Рожденные ползать - Александр Анянов
Шрифт:
Интервал:
Закладка:
— В чем же проблема? — лениво протянул двухгодичник. — Пиши рапорт, что служить не хочешь — и все дела. Какой им смысл держать офицера, от которого толка все равно нет.
— Это ты так думаешь, — оживился Лихоткин. — В том то и вся фишка, что отказаться служить я не могу — под статью подведут. Офицера из армии досрочно могут только уволить или вынести вперед ногами.
— Хорошо, начни водку пьянствовать. На службу не выходить. В конце концов, достанешь их, и сами тебя уволят, — посоветовал Алик.
— Ничего не выйдет.
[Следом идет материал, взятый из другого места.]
-- ===== src/RecordHashTable/Finding.antt =====
-- `find` of include/bitcoin/database/impl/record_hash_table.ipp.
use mathlib.Core.Option
use bitprim_database.Prelude.{suc, ◌+◌, ◌≡◌, List, arith, length, Bytes}
use mathlib.Core.Path.{subst}
use bitprim_database.Run.{Returns}
use bitprim_database.Endian.{Endian}
use bitprim_database.RecordRow.{layout}
use bitprim_database.RecordManager.Positions.{extent}
use bitprim_database.Row.{data_of}
use bitprim_database.Buckets.{Hash}
use bitprim_database.Buckets.Chain.{find_entry}
use bitprim_database.Buckets.Table.{bucket_index-lt}
use bitprim_database.Buckets.Lookup.{find-find_entry}
use bitprim_database.Buckets.Contents.{top}
use bitprim_database.Buckets.Found.{Finds, chain-Finds}
use bitprim_database.RecordHashTable.{RecordHashTable, find}
use bitprim_database.RecordHashTable.Invariant.{layout-IsProper, index_of, Models}

-- On a record hash table that holds the stacks `c`, `find` of a key of the key size ends without a
-- fault. It gives the place in the file at which the top of the stack of the key is read, within
-- the mapping, or none if that stack is empty.
pub find-Finds :
    ⦃en : Endian⦄ (hash : Hash) (t : RecordHashTable) (c : Bytes → List Bytes) (key : Bytes)
    → Models hash t c
    → length key ≡ t.key_size
    → Returns (find hash key t) (λ o. Finds t.manager.file o (top (c key)))
unfolding find
find-Finds hash t c key (view, valid, reads) k =
    let L = layout t.key_size t.manager in
    let m = t.manager in
    let o = Option.map (λ e. data_of L e.link) (find_entry key (view (index_of hash t key))) in
    (
      o,
      find-find_entry L hash t.buckets (m.header_size + 4) (layout-IsProper t.key_size m)
          valid.table key k (suc m.file.file_size) (omega (arith, valid.ready.holds)),
      subst (λ vs. Finds m.file o (top vs)) (reads key)
          (chain-Finds L m.file (m.header_size + 4) (extent m m.record_count) key
            (view (index_of hash t key))
            (valid.table.chains (index_of hash t key)
              (bucket_index-lt L hash t.buckets key valid.table.buckets_pos))),
    )
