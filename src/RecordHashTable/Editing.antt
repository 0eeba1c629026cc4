-- ===== src/RecordHashTable/Editing.antt =====
-- Writing through the place that `find` of include/bitcoin/database/impl/record_hash_table.ipp
-- returns, inside of the newest value of a key.
use mathlib.Core.Option
use mathlib.Core.Path.{subst}
use bitprim_database.Prelude.{
  refl, ℕ, suc, ◌+◌, ◌≡◌, ◌∙◌, sym, ap, inl, inr, some, List, arith, if◌then◌else◌, Option-cases,
  length, Bytes, bytes_eq,
}
use bitprim_database.Run.{ok}
use bitprim_database.Endian.{Endian}
use bitprim_database.MemoryMap.{MemoryMap}
use bitprim_database.MemoryMap.Access.{Covers, Reads}
use bitprim_database.MemoryMap.Editing.{Edits, Edits-written}
use bitprim_database.Row.{data_of}
use bitprim_database.Row.Entry.{Entry}
use bitprim_database.RecordRow.{layout}
use bitprim_database.Buckets.{Hash}
use bitprim_database.Buckets.Chain.{find_entry}
use bitprim_database.Buckets.Table.{bucket_index-lt}
use bitprim_database.Buckets.Lookup.{find-find_entry}
use bitprim_database.Buckets.Contents.{find_entry-stack, top}
use bitprim_database.Buckets.Found.{Finds, Finds-place, chain-Finds}
use bitprim_database.RecordHashTable.{RecordHashTable, find}
use bitprim_database.RecordHashTable.Invariant.{layout-IsProper, index_of, Models}
use bitprim_database.Buckets.{bucket_index}
use bitprim_database.Buckets.Table.{update}
use bitprim_database.Buckets.Overwriting.{overwrite_entry}
use bitprim_database.Buckets.Overwritten.{overwritten-IsTable, contents-overwritten}
use bitprim_database.Buckets.Replacing.{replace_top, replaced_present}
use bitprim_database.Buckets.Contents.{contents}
use bitprim_database.MemoryMap.Growth.{IsLive-bytes}
use bitprim_database.MemoryMap.Access.{written}
use bitprim_database.RecordManager.Positions.{extent}
use bitprim_database.RecordHashTable.Invariant.{IsRecordTable, layout-grown}

-- The table after the value `w` of the first row of the key is written over.
pub overwritten-Models :
    ⦃en : Endian⦄ (hash : Hash) (t : RecordHashTable) (c : Bytes → List Bytes) (key bytes : Bytes)
    (view : ℕ → List Entry) (e : Entry)
    → IsRecordTable hash t view
    → ((q : Bytes) → contents (index_of hash t) view q ≡ c q)
    → find_entry key (view (index_of hash t key)) ≡ some e
    → top (c key) ≡ some e.value
    → length bytes ≡ length e.value
    → Models hash
        (record t {
          manager = record t.manager {
            file = written t.manager.file (data_of (layout t.key_size t.manager) e.link) bytes;
          };
        })
        (λ q. if bytes_eq q key then replace_top bytes (c q) else c q)
overwritten-Models hash t c key bytes view e valid reads there tops same =
    let m = t.manager in
    let L = layout t.key_size m in
    let h = index_of hash t key in
    let g = written m.file (data_of L e.link) bytes in
    let grown = layout-grown t.key_size m g m.record_count in
    let index = ap (λ L. bucket_index L hash t.buckets) grown in
    (
      update view h (overwrite_entry key bytes (view h)),
      record {
        ready = record {
          live = IsLive-bytes refl valid.ready.live;
          holds = valid.ready.holds;
          countable = valid.ready.countable;
        };
        exact = valid.exact;
        table = rw grown (
            overwritten-IsTable L hash t.buckets (m.header_size + 4) (layout-IsProper t.key_size m)
              valid.table key bytes e there same);
      },
      λ q. rw index (
          contents-overwritten (index_of hash t) view q key bytes e there
          ∙ rw (reads q) (replaced_present c key bytes tops q)),
    )

module _ ⦃en : Endian⦄ (hash : Hash) where
  -- The table with another file.
  abbrev pub with_file : MemoryMap → RecordHashTable → RecordHashTable
  with_file g t = record t { manager = record t.manager { file = g } }

  -- The place `a` of the newest value `w` of the key: other bytes of that length may be put there.
  pub record Editable (t : RecordHashTable) (c : Bytes → List Bytes) (key w : Bytes) (a : ℕ)
      : Type 0 where
    pub found : find hash key t ≡ ok (some a)
    pub covers : Covers t.manager.file (a + length w)
    pub reads : Reads t.manager.file a w
    pub edit :
        (g : MemoryMap) (w' : Bytes)
        → length w' ≡ length w
        → Edits t.manager.file a w' g
        → Models hash (with_file g t) (λ q. if bytes_eq q key then replace_top w' (c q) else c q)

  pub find-Editable :
      (t : RecordHashTable) (c : Bytes → List Bytes) (key w : Bytes)
      → Models hash t c
      → length key ≡ t.key_size
      → top (c key) ≡ some w
      → (a : ℕ) × Editable t c key w a
  unfolding find
  find-Editable t c key w (view, valid, reads) k tops =
      let m = t.manager in
      let L = layout t.key_size m in
      let h = index_of hash t key in
      let heard : Option.map (λ (e : Entry). e.value) (find_entry key (view h)) ≡ some w =
        find_entry-stack key (view h) ∙ ap top (reads key) ∙ tops in
      let run =
        find-find_entry L hash t.buckets (m.header_size + 4) (layout-IsProper t.key_size m)
          valid.table key k (suc m.file.file_size) (omega (arith, valid.ready.holds)) in
      let place =
        chain-Finds L m.file (m.header_size + 4) (extent m m.record_count) key (view h)
          (valid.table.chains h (bucket_index-lt L hash t.buckets key valid.table.buckets_pos)) in
      elim (Option-cases (find_entry key (view h))) [
        | inl nil ↦ cc (rw nil at heard)
        | inr (e, there) ↦
            let value : e.value ≡ w = ground (arith, rw there at heard) in
            let (covers, reads') = Finds-place (
              subst (λ o. Finds m.file (some (data_of L e.link)) o) (ap top (reads key) ∙ tops)
                (rw there at place)) in
            (
              data_of L e.link,
              record {
                found = run ∙ rw there;
                covers = covers;
                reads = reads';
                edit = λ g w' size edits.
                    subst
                      (λ f.
                        Models hash (with_file f t)
                          (λ q. if bytes_eq q key then replace_top w' (c q) else c q))
                      (sym (Edits-written edits))
                      (overwritten-Models hash t c key w' view e valid reads there
                        (tops ∙ ap some (sym value)) (size ∙ ap length (sym value)));
              },
            )
      ]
Тут таких знаешь сколько? И никого не увольняют. А закон задает определенные границы. Вот это еще допускается — за это дисциплинарное взыскание, а еще шаг дальше и уже — тюряга. Поэтому, если пьянка и невыходы выходят за границы закона, то вместо гражданки, я попаду совсем в другие места. Если же в границах, то командованию придется меня воспитывать. Уволить им меня все равно никто не позволит.
— Здорово! — Алик присвистнул от удивления. — Не думал я, что в Советской Армии такой дурдом. Ну, хорошо, попробуй тогда хотя бы с авиатехники списаться на какую-нибудь теплую должность под крышей, в помещении.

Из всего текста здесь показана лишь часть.